**Task to complete**: Can the data below be echoed back word for word?

**Given data**:
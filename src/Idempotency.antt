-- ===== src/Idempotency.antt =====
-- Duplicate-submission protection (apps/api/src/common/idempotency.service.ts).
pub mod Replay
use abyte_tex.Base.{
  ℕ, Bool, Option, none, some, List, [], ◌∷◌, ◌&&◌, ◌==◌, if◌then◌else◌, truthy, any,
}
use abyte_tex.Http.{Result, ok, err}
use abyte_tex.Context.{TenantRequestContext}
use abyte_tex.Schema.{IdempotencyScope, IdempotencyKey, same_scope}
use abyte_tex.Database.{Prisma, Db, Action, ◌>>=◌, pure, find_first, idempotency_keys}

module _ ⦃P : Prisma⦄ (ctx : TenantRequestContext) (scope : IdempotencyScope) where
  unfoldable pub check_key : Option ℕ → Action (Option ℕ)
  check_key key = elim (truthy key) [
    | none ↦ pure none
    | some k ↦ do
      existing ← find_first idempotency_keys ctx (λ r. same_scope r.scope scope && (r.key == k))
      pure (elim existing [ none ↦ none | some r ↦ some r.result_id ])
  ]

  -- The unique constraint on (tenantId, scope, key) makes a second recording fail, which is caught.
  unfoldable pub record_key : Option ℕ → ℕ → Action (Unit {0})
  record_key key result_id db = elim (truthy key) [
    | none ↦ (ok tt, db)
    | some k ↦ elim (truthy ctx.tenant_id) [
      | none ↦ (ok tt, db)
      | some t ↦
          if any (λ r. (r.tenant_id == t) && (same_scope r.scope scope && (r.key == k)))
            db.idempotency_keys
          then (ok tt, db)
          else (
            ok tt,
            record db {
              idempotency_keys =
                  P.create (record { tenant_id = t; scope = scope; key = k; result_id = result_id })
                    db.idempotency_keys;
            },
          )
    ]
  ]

**Answer to this exercise**:
filename src/Idempotency.antt
-- ===== src/Idempotency.antt =====
-- Duplicate-submission protection (apps/api/src/common/idempotency.service.ts).
pub mod Replay
use abyte_tex.Base.{
  ℕ, Bool, Option, none, some, List, [], ◌∷◌, ◌&&◌, ◌==◌, if◌then◌else◌, truthy, any,
}
use abyte_tex.Http.{Result, ok, err}
use abyte_tex.Context.{TenantRequestContext}
use abyte_tex.Schema.{IdempotencyScope, IdempotencyKey, same_scope}
use abyte_tex.Database.{Prisma, Db, Action, ◌>>=◌, pure, find_first, idempotency_keys}

module _ ⦃P : Prisma⦄ (ctx : TenantRequestContext) (scope : IdempotencyScope) where
  unfoldable pub check_key : Option ℕ → Action (Option ℕ)
  check_key key = elim (truthy key) [
    | none ↦ pure none
    | some k ↦ do
      existing ← find_first idempotency_keys ctx (λ r. same_scope r.scope scope && (r.key == k))
      pure (elim existing [ none ↦ none | some r ↦ some r.result_id ])
  ]

  -- The unique constraint on (tenantId, scope, key) makes a second recording fail, which is caught.
  unfoldable pub record_key : Option ℕ → ℕ → Action (Unit {0})
  record_key key result_id db = elim (truthy key) [
    | none ↦ (ok tt, db)
    | some k ↦ elim (truthy ctx.tenant_id) [
      | none ↦ (ok tt, db)
      | some t ↦
          if any (λ r. (r.tenant_id == t) && (same_scope r.scope scope && (r.key == k)))
            db.idempotency_keys
          then (ok tt, db)
          else (
            ok tt,
            record db {
              idempotency_keys =
                  P.create (record { tenant_id = t; scope = scope; key = k; result_id = result_id })
                    db.idempotency_keys;
            },
          )
    ]
  ]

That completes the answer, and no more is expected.